A Malay/Indonesian dish of Assam Fish (fish cooked with okra in a sour tamarind sauce) ;
Nasi Lemak (rice cooked in coconut milk served with an array of sides - including the black stuff at the bottom of the plate which is deep fried lung!)


Possible side dishes to go with your rice (all freshly made in the morning). The top shelf is fried goodies - fish, lung, potato cakes. Next row various vegetable dishes including tempahin chilli sauce. Bottom row is different curried dishes and sambals

 
Singapore Laksa from the shop that beat Gorden Ramsay in a Hawker challenge ; Rojak - pineapple, cucumber, fried tofu topped with tamarind sauce and peanuts

And so onto the Chinese food! Chinese food uses much less spice than Malaysian but there's still plenty of delicious treats to choose from. Plus the Chinese food from Singapore tends to have been tweaked a little to appeal to the locals tastebuds - nearly every dish comes with a side of chilli sambal!

  
The chef who cooked the duck rice and wouldn't tell me his secret sauce recipe (the ducks are immersed and cooked in a sauce made from soy soy, sugar and various fragrant herbs and spices. The same sauce has been on the go for 30 years and keeps improving every day!)

 
One of the most famous hawker foods - Hainanese Chicken Rice Set (poached chicken served with rice cooked in chicken stock, the chicken broth, steamed greens, ginger sauce and chilli sauce). Look out for this one as a spring world kitchen kit next year! ; Hokkien Mee - a mixture of rice vermicelli and egg hoodles (traditionally fried in pork fat) served with kalimantan and chilli sambal

Miscellaneous food!
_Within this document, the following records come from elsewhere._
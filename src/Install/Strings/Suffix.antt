-- ===== src/Install/Strings/Suffix.antt =====
-- What the suffix and library name loops of install-core.c leave.
use coreland_c_string.Base.{
  ℕ, ◌==◌, ◌≡◌, refl, inl, inr, Bool, true, false, [], ◌∷◌, Bytes, arith, Bool-cases,
}
use coreland_c_string.Install.Strings.{is_suffix_char, install_suffix_sanitize, c_string}

abbrev pub All : (ℕ → Bool) → Bytes → Type 0
All p [] = Unit
All p (c ∷ cs) = (p c ≡ true) × All p cs

-- A text is the longest beginning of a buffer whose bytes all pass a test.
abbrev pub IsLongest : (ℕ → Bool) → Bytes → Bytes → Type 0
IsLongest p [] [] = Unit
IsLongest p [] (c ∷ cs) = p c ≡ false
IsLongest p (t ∷ ts) [] = ⊥
IsLongest p (t ∷ ts) (c ∷ cs) = (t ≡ c) × (p c ≡ true) × IsLongest p ts cs

passes-ne-zero : (c : ℕ) → is_suffix_char c ≡ true → (c == 0) ≡ false
passes-ne-zero c h = ground arith

-- After install_suffix_sanitize the string in the buffer is the longest beginning of the buffer
-- that consists of dots, digits and ASCII letters.
pub install_suffix_sanitize-IsLongest :
    (buffer : Bytes) → IsLongest is_suffix_char (c_string (install_suffix_sanitize buffer)) buffer
unfolding install_suffix_sanitize c_string
install_suffix_sanitize-IsLongest [] = tt
install_suffix_sanitize-IsLongest (c ∷ cs) = elim (Bool-cases (is_suffix_char c)) [
  | inl passes ↦
      rw (passes, passes-ne-zero c passes) (refl, passes, install_suffix_sanitize-IsLongest cs)
  | inr fails ↦ rw fails fails
]
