-- ===== src/Install/Translate/Laws.antt =====
-- Where ntran_copy of install-core.c puts a file.
use coreland_c_string.Base.{
  ℕ, ◌-◌, ◌<◌, ◌≤◌, ◌==◌, [], ◌∷◌, ap, ltb, pos, Bool-cases, inl, inr, if◌then◌else◌, ◌^◌, ◌%◌, ◌≡◌,
  ◌∙◌, refl, true, false, Option, none, some, ◌++◌, Bytes, length, lit, take, is_negative,
  snprintf_value, arith,
}
use coreland_c_string.Install.Header.{Item, Status, ok, max_pathlen}
use coreland_c_string.Install.World.{buffer_overflow, proc, World, Res, done, fault}
use coreland_c_string.Install.Os.{Os}
use coreland_c_string.Install.Posix.{install_platform_posix, iposix_error_message_current}
use coreland_c_string.Install.Os.Stdio.{fopen, contains, contains_self, remove_self}
use coreland_c_string.Install.Status.{install_status_assign}
use coreland_c_string.Install.Strings.{str_ends, clean_blanks, is_blank, c_string}
use coreland_c_string.Install.Strings.BaseName.{NoSlash, IsDirPart, path, base_name-path}
use coreland_c_string.Install.Translate.{ntran_copy, default_dst, libname, clean_name}

-- The path of a file in a directory, behind the fake root if one is set.
abbrev pub target : Option Bytes → Bytes → Bytes → Bytes
target none dir name = dir ++ (lit "/" ++ name)
target (some root) dir name = (root ++ (lit "/" ++ dir)) ++ (lit "/" ++ name)

printed : (text : Bytes) → length text < 2 ^ 31 → is_negative (snprintf_value text) ≡ false
unfolding snprintf_value
printed text short = ground arith

-- The status OK, with the system's message.
abbrev pub succeeded : {S : Type 0} → Os S → World S → Status
succeeded os w = record {
  status = ok;
  message = none;
  error_message = some (os.strerror (os.errno w.os % 2 ^ 64));
}

module _ {S : Type 0} (os : Os S) (item : Item) (w : World S) (src dir d n : Bytes) (k : ℕ)
    (part : IsDirPart d) (clean : NoSlash n) (named : 0 < length n) where
  -- On a POSIX system, for a source and a destination that are no virtual library files, the
  -- destination a path of fewer than 1024 bytes with a name, and a new path of fewer than 2^31
  -- bytes, ntran_copy returns OK and makes the destination the file of its base name in the item's directory, behind the fake root if one is
  -- set, cut to 1023 bytes without an error. A missing destination is the source's.
  pub ntran_copy-target :
      default_dst os (install_platform_posix os) item.dst (some src) ≡ some (path d n k)
      → str_ends src (lit ".vlb") ≡ false
      → str_ends (path d n k) (lit ".vlb") ≡ false
      → length (path d n k) < max_pathlen
      → length (target w.fake_root dir n) < 2 ^ 31
      → ntran_copy os (install_platform_posix os) (record item { src = some src; dir = some dir }) w
        ≡ done
            (
              succeeded os w,
              record item {
                src = some src;
                dir = some dir;
                dst = some (take (max_pathlen - 1) (target w.fake_root dir n));
              },
            )
            w
  unfolding ntran_copy install_status_assign iposix_error_message_current
  ntran_copy-target has_dst plain_src plain_dst short fits = ground (
    arith,
    has_dst,
    plain_src,
    plain_dst,
    base_name-path d n k part clean named short,
    printed (target w.fake_root dir n) fits,
  )

-- A space, a tab, a newline or a carriage return.
abbrev pub blanks : Bytes
blanks = b' ' ∷ b'\t' ∷ b'\n' ∷ b'\r' ∷ []

is_blank-blanks : (c : ℕ) → is_blank c ≡ contains c blanks
unfolding contains
is_blank-blanks c = ground arith

-- A text without blanks and NULs.
abbrev pub IsWord : Bytes → Type 0
IsWord [] = Unit
IsWord (c ∷ cs) = (contains c blanks ≡ false) × ((c == 0) ≡ false) × IsWord cs

abbrev pub StartsBlank : Bytes → Type 0
StartsBlank [] = Unit
StartsBlank (c ∷ cs) = contains c blanks ≡ true

clean_blanks-word :
    (word rest : Bytes) → IsWord word → StartsBlank rest → clean_blanks (word ++ rest) ≡ word
unfolding clean_blanks
clean_blanks-word [] [] h starts = refl
clean_blanks-word [] (c ∷ cs) h starts = rw (clean_blanks, is_blank-blanks c ∙ starts) refl
clean_blanks-word (c ∷ word) rest (plain, _, more) starts =
    rw (clean_blanks, is_blank-blanks c ∙ plain)
      (ap (λ t. c ∷ t) (clean_blanks-word word rest more starts))

c_string-word : (word : Bytes) → IsWord word → c_string word ≡ word
unfolding c_string
c_string-word [] h = refl
c_string-word (c ∷ word) (_, no_nul, more) = rw no_nul (ap (λ t. c ∷ t) (c_string-word word more))

-- What libname makes of a word at the start of a file: its name, if it leaves room for the NUL in
-- a buffer of 1024 bytes, and else a write behind the buffer.
abbrev pub Names : {S : Type 0} → Bytes → World S → Res S (Option Bytes) → Type 0
Names word w (done name v) =
    (length word < max_pathlen) × (name ≡ some word) × (v.open_streams ≡ w.open_streams)
Names word w (fault x) = (max_pathlen ≤ length word) × (x ≡ buffer_overflow)

clean_name-word :
    (word rest : Bytes)
    → IsWord word
    → StartsBlank rest
    → clean_name (word ++ rest) ≡ (if ltb (length word) max_pathlen then some word else none)
unfolding clean_name
clean_name-word word rest is_word starts =
    rw (clean_blanks-word word rest is_word starts, c_string-word word is_word) refl

module _ {S : Type 0} (os : Os S) (name word rest : Bytes) (w : World S) (is_word : IsWord word)
    (starts : StartsBlank rest) where
  -- The state in which the file is read.
  abbrev opened_at : S
  opened_at = (os.fopen w.next_stream name (lit "rb") w.os).1

  abbrev read_at : S
  read_at = (os.fread w.next_stream max_pathlen opened_at).1

  -- For a virtual library file that can be opened as a stream not open yet, read without an error
  -- and closed, whose first 1024 bytes are a word without blanks and NULs with nothing or a blank
  -- behind it, libname gives the word and leaves the streams open that were open before, if the
  -- word has fewer than 1024 bytes; else it writes the NUL behind its buffer, which has 1024.
  pub libname-word :
      (os.fopen w.next_stream name (lit "rb") w.os).0 ≡ true
      → (os.fread w.next_stream max_pathlen opened_at).0 ≡ word ++ rest
      → ((s : S) → (os.ferror w.next_stream s).0 ≡ false)
      → ((s : S) → (os.fclose w.next_stream s).0 ≡ pos 0)
      → contains w.next_stream w.open_streams ≡ false
      → Names word w (libname os (some name) w)
  unfolding libname
  libname-word opened read no_error closed new =
      let is_open = contains_self w.next_stream w.open_streams in
      let gone = remove_self w.next_stream w.open_streams new in
      let cleaned = clean_name-word word rest is_word starts in
      rw (libname, proc, fopen, opened)
        (rw (is_open, read)
          (elim (Bool-cases (ltb (length (word ++ rest)) max_pathlen)) [
            | inl short ↦ rw short (
                rw (is_open, no_error read_at, read, cleaned)
                  (elim (Bool-cases (ltb (length word) max_pathlen)) [
                    | inl room ↦ rw room (
                        rw (is_open, closed (os.ferror w.next_stream read_at).1, gone)
                          (ground arith, refl, refl))
                    | inr no_room ↦ rw no_room (ground arith, refl)
                  ]))
            | inr full ↦ rw full (
                rw (read, cleaned)
                  (elim (Bool-cases (ltb (length word) max_pathlen)) [
                    | inl room ↦
                        rw room (rw (is_open, closed read_at, gone) (ground arith, refl, refl))
                    | inr no_room ↦ rw no_room (ground arith, refl)
                  ]))
          ]))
Misc food no. 1 -  Kaya - this is a 'jam' made from coconut, eggs and sugar that's flavoured with fresh pandan leaves and served for breakfast spread over thickly buttered white toast. Sandra showed how to make it, it's kind of like making a thick sugary custard. Misc food no. 2 - Durian - I've heard many good and bad things about this infamous South East Asian fruit which you can now buy in the UK. It's a large spiky fruit sold on street side stalls with a soft inside that's eaten in various stages of ripeness, it smells pretty bad (it's banned from being carried on public transport in Singapore). I wasn't brave enough to go for the full on fruit experience so went for durian ice cream (tasty) and a durian puff instead (not so tasty). I think the puff was more in line with the actual taste of the fruit - somewhere in between an over-ripe mango and raw onion with a hint of cigarette ash is how I'd describe it. Each to their own!